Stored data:
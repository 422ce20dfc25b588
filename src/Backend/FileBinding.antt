-- ===== src/Backend/FileBinding.antt =====
-- internal/backend/binding_file.go: the cluster marker beside a key file. The marker's path holds a
-- file's contents or nothing; other processes may create the marker at any moment.
use cosmosigner.Prelude.{
  Bytes, bytes_eq, Bool, not, Option, none, some, Result, ok, err, fail_if, if◌then◌else◌,
}
use cosmosigner.Prelude.Int.{ℤ, pos, eqb_ℤ}
use cosmosigner.ClusterId
use cosmosigner.Backend.{
  BindingError, unclaimed, corrupt, unreadable, unsupported, cancelled, io_failed,
  require_claim_owner, valid_id,
}

-- softwareBindingRecord
pub record Marker : Type 0 where
  pub version : ℤ
  pub cluster_id : Bytes
  pub public_key : Bytes

-- encoding/json on a marker: its strict decoding of a whole file, and its encoding with the newline.
pub record MarkerCodec : Type 0 where
  pub decode : Bytes → Option Marker
  pub encode : Marker → Bytes

abbrev pub Disk : Type 0
Disk = Option Bytes

-- The fields that a claim reads; `public_key` is the base64 text of the key.
pub record FileBinding : Type 0 where
  pub has_path : Bool
  pub public_key : Bytes

-- What happens in one read: the context before and after it, and whether the file can be read.
pub record ReadEnv : Type 0 where
  pub cancelled_before : Bool
  pub readable : Bool
  pub cancelled_after : Bool

unfoldable pub read_marker : FileBinding → Option Marker → Result BindingError Bytes
read_marker s none = err corrupt
read_marker s (some m) =
    if not (eqb_ℤ m.version (pos 1)) then err corrupt else elim (ClusterId.validate m.cluster_id) [
      | err e ↦ err corrupt
      | ok u ↦ if not (bytes_eq m.public_key s.public_key) then err corrupt else ok m.cluster_id
    ]

unfoldable pub read_file : MarkerCodec → FileBinding → ReadEnv → Disk → Result BindingError Bytes
read_file x s e none = if not e.readable then err unreadable else err unclaimed
read_file x s e (some content) =
    if not e.readable
    then err unreadable
    else if e.cancelled_after
    then err cancelled
    else read_marker s (x.decode content)

-- read
unfoldable pub read : MarkerCodec → FileBinding → ReadEnv → Disk → Result BindingError Bytes
read x s e d =
    if not s.has_path
    then err unsupported
    else if e.cancelled_before
    then err cancelled
    else read_file x s e d

-- What happens during one claim. `prepared` is an error of the temporary file, up to the link;
-- `others` is what other processes do to the marker before the link.
pub record ClaimEnv : Type 0 where
  pub lock : Result BindingError (Unit {0})
  pub precheck : Result BindingError (Unit {0})
  pub first_read : ReadEnv
  pub prepared : Result BindingError (Unit {0})
  pub others : Disk → Disk
  pub link_fails : Bool
  pub cleanup : Result BindingError (Unit {0})
  pub second_read : ReadEnv
  pub sync_published : Result BindingError (Unit {0})
  pub sync_directory : Result BindingError (Unit {0})

-- errors.Join, by its first error.
abbrev pub join :
    Result BindingError (Unit {0}) → Result BindingError (Unit {0}) → Result BindingError (Unit {0})
join (ok u) r = r
join (err e) r = err e

abbrev pub Claimed : Type 0
Claimed = Result BindingError (Unit {0}) × Disk

unfoldable pub own_marker : FileBinding → Bytes → Marker
own_marker s id = record { version = pos 1; cluster_id = id; public_key = s.public_key }

abbrev pub owned_by :
    Bytes
    → Result BindingError (Unit {0})
    → Result BindingError Bytes
    → Result BindingError (Unit {0})
owned_by id synced (err e) = err e
owned_by id synced (ok owner) = join synced (require_claim_owner id owner)

-- link(2) creates the marker, or finds one, or fails otherwise. In the second case the marker that is there
-- decides.
unfoldable pub publish : MarkerCodec → FileBinding → ClaimEnv → Bytes → Disk → Claimed
publish x s e id none =
    if e.link_fails
    then (err io_failed, none)
    else (join e.cleanup e.sync_directory, some (x.encode (own_marker s id)))
publish x s e id (some content) = if e.link_fails then (err io_failed, some content) else (
  join e.cleanup (owned_by id e.sync_published (read x s e.second_read (some content))),
  some content,
)

abbrev pub after_error : (BindingError → Claimed) → BindingError → Claimed → Claimed
after_error k unclaimed fresh = fresh
after_error k e fresh = k e

abbrev pub attempt : Result BindingError (Unit {0}) → Disk → Claimed → Claimed
attempt (ok u) d rest = rest
attempt (err e) d rest = (err e, d)

-- The claim once its first read has answered.
unfoldable pub claim_after_read :
    MarkerCodec → FileBinding → ClaimEnv → Bytes → Disk → Result BindingError Bytes → Claimed
claim_after_read x s e id d (ok owner) = (owned_by id e.sync_published (ok owner), d)
claim_after_read x s e id d (err b) =
    after_error (λ c. (err c, d)) b (attempt e.prepared d (publish x s e id (e.others d)))

-- claim
unfoldable pub claim : MarkerCodec → FileBinding → ClaimEnv → Bytes → Disk → Claimed
claim x s e id d = attempt (fail_if (not s.has_path) unsupported) d (
    attempt (valid_id id) d (
      attempt e.lock d
        (attempt e.precheck d (claim_after_read x s e id d (read x s e.first_read d)))))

> _YOUR ASSIGNMENT_: Output the records in full. Keep every character as it is.

> _SOLUTION_:
repository 422ce20dfc25b588
filename src/Backend/FileBinding.antt
-- ===== src/Backend/FileBinding.antt =====
-- internal/backend/binding_file.go: the cluster marker beside a key file. The marker's path holds a
-- file's contents or nothing; other processes may create the marker at any moment.
use cosmosigner.Prelude.{
  Bytes, bytes_eq, Bool, not, Option, none, some, Result, ok, err, fail_if, if◌then◌else◌,
}
use cosmosigner.Prelude.Int.{ℤ, pos, eqb_ℤ}
use cosmosigner.ClusterId
use cosmosigner.Backend.{
  BindingError, unclaimed, corrupt, unreadable, unsupported, cancelled, io_failed,
  require_claim_owner, valid_id,
}

-- softwareBindingRecord
pub record Marker : Type 0 where
  pub version : ℤ
  pub cluster_id : Bytes
  pub public_key : Bytes

-- encoding/json on a marker: its strict decoding of a whole file, and its encoding with the newline.
pub record MarkerCodec : Type 0 where
  pub decode : Bytes → Option Marker
  pub encode : Marker → Bytes

abbrev pub Disk : Type 0
Disk = Option Bytes

-- The fields that a claim reads; `public_key` is the base64 text of the key.
pub record FileBinding : Type 0 where
  pub has_path : Bool
  pub public_key : Bytes

-- What happens in one read: the context before and after it, and whether the file can be read.
pub record ReadEnv : Type 0 where
  pub cancelled_before : Bool
  pub readable : Bool
  pub cancelled_after : Bool

unfoldable pub read_marker : FileBinding → Option Marker → Result BindingError Bytes
read_marker s none = err corrupt
read_marker s (some m) =
    if not (eqb_ℤ m.version (pos 1)) then err corrupt else elim (ClusterId.validate m.cluster_id) [
      | err e ↦ err corrupt
      | ok u ↦ if not (bytes_eq m.public_key s.public_key) then err corrupt else ok m.cluster_id
    ]

unfoldable pub read_file : MarkerCodec → FileBinding → ReadEnv → Disk → Result BindingError Bytes
read_file x s e none = if not e.readable then err unreadable else err unclaimed
read_file x s e (some content) =
    if not e.readable
    then err unreadable
    else if e.cancelled_after
    then err cancelled
    else read_marker s (x.decode content)

-- read
unfoldable pub read : MarkerCodec → FileBinding → ReadEnv → Disk → Result BindingError Bytes
read x s e d =
    if not s.has_path
    then err unsupported
    else if e.cancelled_before
    then err cancelled
    else read_file x s e d

-- What happens during one claim. `prepared` is an error of the temporary file, up to the link;
-- `others` is what other processes do to the marker before the link.
pub record ClaimEnv : Type 0 where
  pub lock : Result BindingError (Unit {0})
  pub precheck : Result BindingError (Unit {0})
  pub first_read : ReadEnv
  pub prepared : Result BindingError (Unit {0})
  pub others : Disk → Disk
  pub link_fails : Bool
  pub cleanup : Result BindingError (Unit {0})
  pub second_read : ReadEnv
  pub sync_published : Result BindingError (Unit {0})
  pub sync_directory : Result BindingError (Unit {0})

-- errors.Join, by its first error.
abbrev pub join :
    Result BindingError (Unit {0}) → Result BindingError (Unit {0}) → Result BindingError (Unit {0})
join (ok u) r = r
join (err e) r = err e

abbrev pub Claimed : Type 0
Claimed = Result BindingError (Unit {0}) × Disk

unfoldable pub own_marker : FileBinding → Bytes → Marker
own_marker s id = record { version = pos 1; cluster_id = id; public_key = s.public_key }

abbrev pub owned_by :
    Bytes
    → Result BindingError (Unit {0})
    → Result BindingError Bytes
    → Result BindingError (Unit {0})
owned_by id synced (err e) = err e
owned_by id synced (ok owner) = join synced (require_claim_owner id owner)

-- link(2) creates the marker, or finds one, or fails otherwise. In the second case the marker that is there
-- decides.
unfoldable pub publish : MarkerCodec → FileBinding → ClaimEnv → Bytes → Disk → Claimed
publish x s e id none =
    if e.link_fails
    then (err io_failed, none)
    else (join e.cleanup e.sync_directory, some (x.encode (own_marker s id)))
publish x s e id (some content) = if e.link_fails then (err io_failed, some content) else (
  join e.cleanup (owned_by id e.sync_published (read x s e.second_read (some content))),
  some content,
)

abbrev pub after_error : (BindingError → Claimed) → BindingError → Claimed → Claimed
after_error k unclaimed fresh = fresh
after_error k e fresh = k e

abbrev pub attempt : Result BindingError (Unit {0}) → Disk → Claimed → Claimed
attempt (ok u) d rest = rest
attempt (err e) d rest = (err e, d)

-- The claim once its first read has answered.
unfoldable pub claim_after_read :
    MarkerCodec → FileBinding → ClaimEnv → Bytes → Disk → Result BindingError Bytes → Claimed
claim_after_read x s e id d (ok owner) = (owned_by id e.sync_published (ok owner), d)
claim_after_read x s e id d (err b) =
    after_error (λ c. (err c, d)) b (attempt e.prepared d (publish x s e id (e.others d)))

-- claim
unfoldable pub claim : MarkerCodec → FileBinding → ClaimEnv → Bytes → Disk → Claimed
claim x s e id d = attempt (fail_if (not s.has_path) unsupported) d (
    attempt (valid_id id) d (
      attempt e.lock d
        (attempt e.precheck d (claim_after_read x s e id d (read x s e.first_read d)))))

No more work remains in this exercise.